The collapse of Gauteng’s R11-billion Montrose City Mega Development housing project was driven by the municipality’s failure to fund and deliver critical bulk infrastructure – not by any misappropriation of billions of rands by the developer, according to a R164-million damages claim now before the Johannesburg High Court.
In the summons filed against the Rand West City Local Municipality in Randfontein, dated March 16, the developer, Resilient Rock (Pty) Ltd, and its funding partner Mega Projects Infrastructure Finance (Pty) Ltd, set out a detailed account of how the project stalled, alleging that key contractual obligations were not met by the local authority.
Funding constraints
“The first defendant [municipality] was responsible for the provision and/or funding of external engineering services required for the development,” the 93-page particulars of claim state.

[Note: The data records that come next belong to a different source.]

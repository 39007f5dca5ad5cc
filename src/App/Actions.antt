-- ===== src/App/Actions.antt =====
-- `app_handle_action`: what follows an answer of the session.
use xiaozhi.App.Send.{
  send_hello, send_listen_start, send_listen_stop, send_abort, open_opus_dump_file,
}
use xiaozhi.App.Callbacks.{client_callback}
use xiaozhi.App.State.{App, World, push_event, set_state, upload_off, close_opus_dump_file}
use xiaozhi.Base.{true, false, [], Option, none, some, Status, ok, failed, if◌then◌else◌}
use xiaozhi.Base.Int.{negsuc}
use xiaozhi.Base.Strings.{Bytes, codes}
use xiaozhi.Capture
use xiaozhi.Client.Calls
use xiaozhi.Client.State.{Client, Callback}
use xiaozhi.Event.{EventType}
use xiaozhi.Playback
use xiaozhi.Session.{Action, State}

-- The event of a call that failed.
unfoldable pub report : App → Bytes → App
report app message = push_event app EventType.error (some message) (negsuc 0)

-- `if (f() != 0) app_push_event(app, APP_EVENT_ERROR, message, -1);`
unfoldable pub check : Bytes → Status × App → App
check message (ok, app) = app
check message (failed, app) = report app message

-- `if (xiaozhi_client_start(&app->client) == 0) app->client_started = 1;`
unfoldable pub started : App → Status × Client → Status × App
started app (ok, client) = (ok, record app { client = client; client_started = true })
started app (failed, client) = (failed, record app { client = client })

unfoldable pub start_client : {Item : Type 0} → World Item → App → Status × App
unfolding started
start_client w app = started app (Calls.start app.client w.thread_made)

-- The client, and the call that it makes into the program, which carries no audio.
unfoldable pub tell : App → Client × Option Callback → App
tell app (client, none) = record app { client = client }
tell app (client, some c) = client_callback (record app { client = client }) c (λ packet room. none)

-- `if (app->client_started) xiaozhi_client_stop(&app->client); app->client_started = 0;`
-- The client's thread reports the end of its connection before it is joined.
unfoldable pub stop_client : {Item : Type 0} → World Item → App → App
unfolding tell
stop_client w app =
    if app.client_started
    then record (tell app (Calls.stop app.client w.closing)) { client_started = false }
    else app

-- `app->session_id[0] = '\0'`
unfoldable pub forget_session : App → App
forget_session app = record app { session_id = [] }

unfoldable pub connect : {Item : Type 0} → World Item → App → App
connect w app =
    check (codes "failed to start websocket client")
      (start_client w (record app { session_id = []; tts_done = false }))

-- From the opened dump on.
unfoldable pub upload_on : Status × App → App
upload_on (failed, app) = report app (codes "failed to open opus dump file")
upload_on (ok, app) = record (set_state app State.uploading_audio) {
  upload_enabled = true;
  capture = Capture.set_uploading app.capture true;
}

-- From the queued message on.
unfoldable pub open_upload : {Item : Type 0} → World Item → Status × App → App
unfolding upload_on
open_upload w (failed, app) = report app (codes "failed to queue listen start")
open_upload w (ok, app) = upload_on (open_opus_dump_file w app)

unfoldable pub start_listen : {Item : Type 0} → World Item → App → App
unfolding open_upload
start_listen w app = open_upload w (send_listen_start w app)

unfoldable pub stop_listen : {Item : Type 0} → World Item → App → App
stop_listen w app =
    check (codes "failed to queue listen stop")
      (send_listen_stop w (close_opus_dump_file (upload_off app)))

unfoldable pub request_playback_stop : App → App
request_playback_stop app = record app { playback = Playback.request_stop app.playback }

unfoldable pub abort : {Item : Type 0} → World Item → App → App
unfolding request_playback_stop
abort w app = check (codes "failed to restart websocket client") (
    start_client w (
      forget_session (
        stop_client w
          (request_playback_stop (send_abort w (close_opus_dump_file (upload_off app))).1))))

-- The sleep of `reconnect_backoff_ms` changes nothing, and a failed start is only logged.
unfoldable pub return_to_wake : {Item : Type 0} → World Item → App → App
return_to_wake w app =
    (start_client w (
      set_state
        (stop_client w
          (forget_session (close_opus_dump_file (upload_off (record app { tts_done = false })))))
        State.connecting)).1

unfoldable pub handle_action : {Item : Type 0} → World Item → App → Action → App
handle_action w app Action.connect = connect w app
handle_action w app Action.send_hello = check (codes "failed to queue hello") (send_hello w app)
handle_action w app Action.start_listen = start_listen w app
handle_action w app Action.stop_listen = stop_listen w app
handle_action w app Action.abort = abort w app
handle_action w app Action.return_to_wake = return_to_wake w app
handle_action w app _ = app
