-- ===== src/App/Consistent.antt =====
-- What holds of the runtime between the events: the flags of the app, of the microphone and of the
-- client agree, and an upload runs only in its state, with an open dump and a session.
pub mod Events
pub mod Kept
pub mod Rounds
use xiaozhi.App.Actions.{
  report, check, started, tell, upload_on, open_upload, request_playback_stop, start_client,
  stop_client, forget_session, connect, start_listen, stop_listen, abort, return_to_wake,
  handle_action,
}
use xiaozhi.App.Callbacks.{client_callback}
use xiaozhi.App.Send.{
  send_hello, send_listen_start, send_listen_stop, send_abort, send_built, hello_config, with_dump,
  open_opus_dump_file,
}
use xiaozhi.App.State.{
  App, World, push_event, set_state, upload_off, close_opus_dump_file, reset_to_idle,
}
use xiaozhi.Base.{
  ℕ, ◌≡◌, ◌≢◌, refl, sym, ap, subst, ◌∙◌, Bool, true, false, not, ◌||◌, ◌&&◌, List, [], ◌∷◌, Option,
  none, some, Status, ok, failed, if◌then◌else◌, arith, inl, inr, Bool-cases, Option-cases,
}
use xiaozhi.Base.Int.{ℤ, negsuc}
use xiaozhi.Base.Strings.{Bytes, codes, is_empty}
use xiaozhi.Capture.{set_uploading}
use xiaozhi.Client.Calls
use xiaozhi.Client.State.{Client}
use xiaozhi.Dump.{Dump, open_dump, close_file}
use xiaozhi.Event.{Event, EventType}
use xiaozhi.Protocol.{build_hello, build_listen_start_manual, build_listen_stop_manual, build_abort}
use xiaozhi.Session.{Action, State}

pub record Consistent (app : App) : Type 0 where
  pub microphone : app.capture.uploading ≡ app.upload_enabled
  pub client : app.client.running ≡ app.client_started
  pub upload :
      app.upload_enabled ≡ true
      → (app.session.state ≡ State.uploading_audio) × (app.dump.file ≢ none) × (app.session_id ≢ [])

-- The same without an upload, in any state.
pub record Off (app : App) : Type 0 where
  pub microphone : app.capture.uploading ≡ false
  pub client : app.client.running ≡ app.client_started
  pub upload : app.upload_enabled ≡ false

pub Off-Consistent : {app : App} → Off app → Consistent app
Off-Consistent o = record {
  microphone = o.microphone ∙ sym o.upload;
  client = o.client;
  upload = λ e. cc;
}

-- What queues a text changes the client's queue alone.
pub record Queues (app app' : App) : Type 0 where
  pub client : Client
  pub running : client.running ≡ app.client.running
  pub result : app' ≡ record app { client = client }

queue_text-running :
    (c : Client) (p : Bytes) (m k : Bool) → (Calls.queue_text c p m k).1.running ≡ c.running
unfolding Calls.queue_text
queue_text-running c p m k = refl

module _ {Item : Type 0} (w : World Item) where
  built-Queues : (app : App) (b : Status × Bytes) → Queues app (send_built w app b).1
  unfolding send_built
  built-Queues app (failed, p) = record { client = app.client; running = refl; result = refl }
  built-Queues app (ok, p) = record {
    client = (Calls.queue_text app.client p w.memory w.copied).1;
    running = queue_text-running app.client p w.memory w.copied;
    result = refl;
  }

  keeps : (app : App) → Queues app app
  keeps app = record { client = app.client; running = refl; result = refl }

  pub hello-Queues : (app : App) → Queues app (send_hello w app).1
  unfolding send_hello
  hello-Queues app =
      elim (Option-cases (build_hello w.json (hello_config app) 512 w.objects_created)) [
        | inl e ↦ rw (send_hello, e) (keeps app)
        | inr (p, e) ↦ rw (send_hello, e) (built-Queues app (ok, p))
      ]

  pub start-Queues : (app : App) → Queues app (send_listen_start w app).1
  unfolding send_listen_start
  start-Queues app = elim (Bool-cases (is_empty app.session_id)) [
    | inl e ↦ rw e (keeps app)
    | inr e ↦ rw e (built-Queues app (build_listen_start_manual app.session_id 256))
  ]

  stop-Queues : (app : App) → Queues app (send_listen_stop w app).1
  unfolding send_listen_stop
  stop-Queues app = elim (Bool-cases (is_empty app.session_id)) [
    | inl e ↦ rw e (keeps app)
    | inr e ↦ rw e (built-Queues app (build_listen_stop_manual app.session_id 256))
  ]

  abort-Queues : (app : App) → Queues app (send_abort w app).1
  unfolding send_abort
  abort-Queues app = built-Queues app (build_abort (some (codes "manual_interrupt")) 256)

pub Queues-Off : {app app' : App} → Queues app app' → Off app → Off app'
Queues-Off q o =
    subst Off (sym q.result)
      (record { microphone = o.microphone; client = q.running ∙ o.client; upload = o.upload })

pub Queues-Consistent : {app app' : App} → Queues app app' → Consistent app → Consistent app'
Queues-Consistent q c =
    subst Consistent (sym q.result)
      (record { microphone = c.microphone; client = q.running ∙ c.client; upload = c.upload })

pub push_event-Consistent :
    (app : App) (t : EventType) (text : Option Bytes) (code : ℤ)
    → Consistent app
    → Consistent (push_event app t text code)
unfolding push_event
push_event-Consistent app t text code c = record {
  microphone = c.microphone;
  client = c.client;
  upload = c.upload;
}

pub check-Consistent : (m : Bytes) (x : Status × App) → Consistent x.1 → Consistent (check m x)
unfolding check report
check-Consistent m (ok, app) c = c
check-Consistent m (failed, app) c = push_event-Consistent app EventType.error (some m) (negsuc 0) c

pub upload_off-Off : (app : App) → app.client.running ≡ app.client_started → Off (upload_off app)
unfolding upload_off set_uploading
upload_off-Off app e = record { microphone = refl; client = e; upload = refl }

close-Off : {app : App} → Off app → Off (close_opus_dump_file app)
unfolding close_opus_dump_file
close-Off o = record { microphone = o.microphone; client = o.client; upload = o.upload }

pub set_state-Off : {app : App} (s : State) → Off app → Off (set_state app s)
unfolding set_state
set_state-Off s o = record { microphone = o.microphone; client = o.client; upload = o.upload }

forget-Off : {app : App} → Off app → Off (forget_session app)
unfolding forget_session
forget-Off o = record { microphone = o.microphone; client = o.client; upload = o.upload }

if-Off :
    {x y : App} (b : Bool) → (b ≡ true → Off x) → (b ≡ false → Off y) → Off (if b then x else y)
if-Off true f g = f refl
if-Off false f g = g refl

stop-not_running : (c : Client) (closing : Calls.Closing) → (Calls.stop c closing).0.running ≡ false
unfolding Calls.stop Calls.thread_end
stop-not_running c closing = ground arith

-- What stopping the client leaves, but for the events.
pub told :
    {Item : Type 0} (w : World Item) (app : App)
    → tell app (Calls.stop app.client w.closing) ≡ record app {
      client = (Calls.stop app.client w.closing).0;
      events = (tell app (Calls.stop app.client w.closing)).events;
    }
unfolding tell client_callback push_event Calls.stop Calls.thread_end
told w app = ground arith

stop_client-Off : {Item : Type 0} (w : World Item) {app : App} → Off app → Off (stop_client w app)
unfolding stop_client
stop_client-Off w {app} o =
    if-Off app.client_started
      (λ e. rw (told w app) (record {
        microphone = o.microphone;
        client = stop-not_running app.client w.closing;
        upload = o.upload;
      }))
      (λ e. o)

start-running :
    (c : Client) (b : Bool) → (Calls.start c b).0 ≡ ok → (Calls.start c b).1.running ≡ true
unfolding Calls.start
start-running c b e = ground arith

start-failed :
    (c : Client) (b : Bool) → (Calls.start c b).0 ≡ failed → (Calls.start c b).1.running ≡ c.running
unfolding Calls.start
start-failed c b e = ground arith

started-Off :
    (app : App) (x : Status × Client)
    → Off app
    → (x.0 ≡ ok → x.1.running ≡ true)
    → (x.0 ≡ failed → x.1.running ≡ app.client.running)
    → Off (started app x).1
unfolding started
started-Off app (ok, c) o f g = record {
  microphone = o.microphone;
  client = f refl;
  upload = o.upload;
}
started-Off app (failed, c) o f g = record {
  microphone = o.microphone;
  client = g refl ∙ o.client;
  upload = o.upload;
}

start_client-Off :
    {Item : Type 0} (w : World Item) {app : App} → Off app → Off (start_client w app).1
unfolding start_client
start_client-Off w {app} o =
    started-Off app (Calls.start app.client w.thread_made) o
      (start-running app.client w.thread_made) (start-failed app.client w.thread_made)

pub reset-Off : (app : App) → app.client.running ≡ app.client_started → Off (reset_to_idle app)
unfolding reset_to_idle
reset-Off app e =
    set_state-Off
      (if app.client_started && Calls.is_connected app.client then State.ready else State.idle)
      (close-Off (upload_off-Off (record app { tts_done = false }) e))

playback-Off : {app : App} → Off app → Off (request_playback_stop app)
unfolding request_playback_stop
playback-Off o = record { microphone = o.microphone; client = o.client; upload = o.upload }

module _ {Item : Type 0} (w : World Item) where
  pub connect-Consistent : {app : App} → Off app → Consistent (connect w app)
  unfolding connect
  connect-Consistent {app} o =
      let before = record app { session_id = []; tts_done = false } in
      let off : Off before = record {
        microphone = o.microphone;
        client = o.client;
        upload = o.upload;
      } in
      check-Consistent (codes "failed to start websocket client") (start_client w before)
        (Off-Consistent (start_client-Off w off))

  pub stop_listen-Consistent :
      (app : App) → app.client.running ≡ app.client_started → Consistent (stop_listen w app)
  unfolding stop_listen
  stop_listen-Consistent app e =
      let off = close-Off (upload_off-Off app e) in
      check-Consistent (codes "failed to queue listen stop")
        (send_listen_stop w (close_opus_dump_file (upload_off app)))
        (Off-Consistent (Queues-Off (stop-Queues w (close_opus_dump_file (upload_off app))) off))

  pub abort-Consistent :
      (app : App) → app.client.running ≡ app.client_started → Consistent (abort w app)
  unfolding abort
  abort-Consistent app e =
      let closed = close_opus_dump_file (upload_off app) in
      let sent = (send_abort w closed).1 in
      let off = Queues-Off (abort-Queues w closed) (close-Off (upload_off-Off app e)) in
      let stopped = forget_session (stop_client w (request_playback_stop sent)) in
      check-Consistent (codes "failed to restart websocket client") (start_client w stopped)
        (Off-Consistent (start_client-Off w (forget-Off (stop_client-Off w (playback-Off off)))))

  pub return_to_wake-Off :
      (app : App) → app.client.running ≡ app.client_started → Off (return_to_wake w app)
  unfolding return_to_wake
  return_to_wake-Off app e = start_client-Off w (
      set_state-Off State.connecting (
        stop_client-Off w
          (forget-Off (close-Off (upload_off-Off (record app { tts_done = false }) e)))))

These services – including sewer, water, electricity, stormwater systems and roads – were essential to unlock the large-scale housing development.
According to the developer (the plaintiff), progress was made despite these constraints, with infrastructure installed at its own cost.
“The Plaintiffs undertook and completed engineering services… at a value of approximately R74,391,435.00,” the summons reads.
Developer ‘played his part’
The developer completed installations totalling R74.3-million, including pipe jacking underneath the railway line for electricity access totalling R6.9-million, pipe jacking underneath the railway line for bulk sewer access totalling R6.9-million, and link roads and stormwater works of 16 metres to 20 metres wide on Montrose Extension 3 and 4 totalling R48 262 500.
Additions included an electrical bulk line from Mohlakeng to Montrose Substation totalling R2 087 250; electrical bulk line professional fees totalling R2 543 014.95; and a bulk water connection to the Montrose Project totalling R7 698 838.81.
Municipality pulls the plug
Regarding the damages suffered, the summons states: “The plaintiff has suffered damages arising from the termination of the agreement and, more particularly, the loss of profit that the plaintiff would have made on the development of 759 municipal-serviced stands under the Montrose City Mega Development in the sum of R90-million, which is calculated at 20% of the total development costs for the stands of R455-million.”
The turning point, according to the court papers, came when the municipality acknowledged it could not meet its financial obligations. “On or about 10 March 2022, the first defendant advised that it did not have the financial resources to fund the bulk services,” the summons states.
DBSA raises hopes
In response, a funding mechanism was pursued through the Development Bank of Southern Africa (DBSA), with a third party appointed to raise capital. “The Second Plaintiff was appointed… to source funding for the bulk infrastructure on behalf of the first defendant,” the papers state.
The developer says the process initially progressed, with DBSA acknowledging applications and moving the project forward. “DBSA confirmed receipt of the funding application of R228-million and later approved the project to proceed to due diligence,” the summons states.
Municipality ‘scuttles DBSA deal’
But the funding process ultimately collapsed – a failure the developer squarely attributes to the municipality. “The first defendant failed to provide the required documentation and/or to conclude the necessary agreements,” the summons alleges. “As a result of the first defendant’s breach, the agreement was terminated,” the papers add.
The developer is now seeking damages, including compensation for completed works and lost profits.
Developer cleared of unlawful activities
The claims in the summons are consistent with findings in a liquidation inquiry into the developer’s company, which previously examined the causes of the project’s collapse.
According to the report, the developer was “cleared of unlawful activities”, with no contraventions of company law identified. Instead, the liquidator pointed to infrastructure failures as the central issue, stating that the company “experienced severe difficulties due to the inability of the local city council to provide bulk services such as electricity, sewerage [and] water”.
Funds ‘not looted’
The report further found that this failure “resulted in it being unable to continue with the development”, directly linking the project’s collapse to municipal constraints rather than financial misconduct. It also challenged the widely circulated claim that an R10bn or R11bn budget had been looted, noting that actual government disbursements were significantly lower.
The developer’s position has also been strengthened by a separate legal battle that reached the Supreme Court of Appeal. In Resilient Rock (Pty) Ltd v Voltex (Pty) Ltd, a Bidvest Group owned company, the SCA upheld an appeal in favour of the developer-linked company, after the high court found that the creditor had failed to prove commercial insolvency. The ruling effectively set aside attempts to secure a final winding-up order on that basis, providing legal backing to the company’s stance that it was not insolvent in the manner alleged.
The municipality has 20 days from service of the summons to file a notice of intention to defend. Should it fail to do so, the developer may seek default judgment.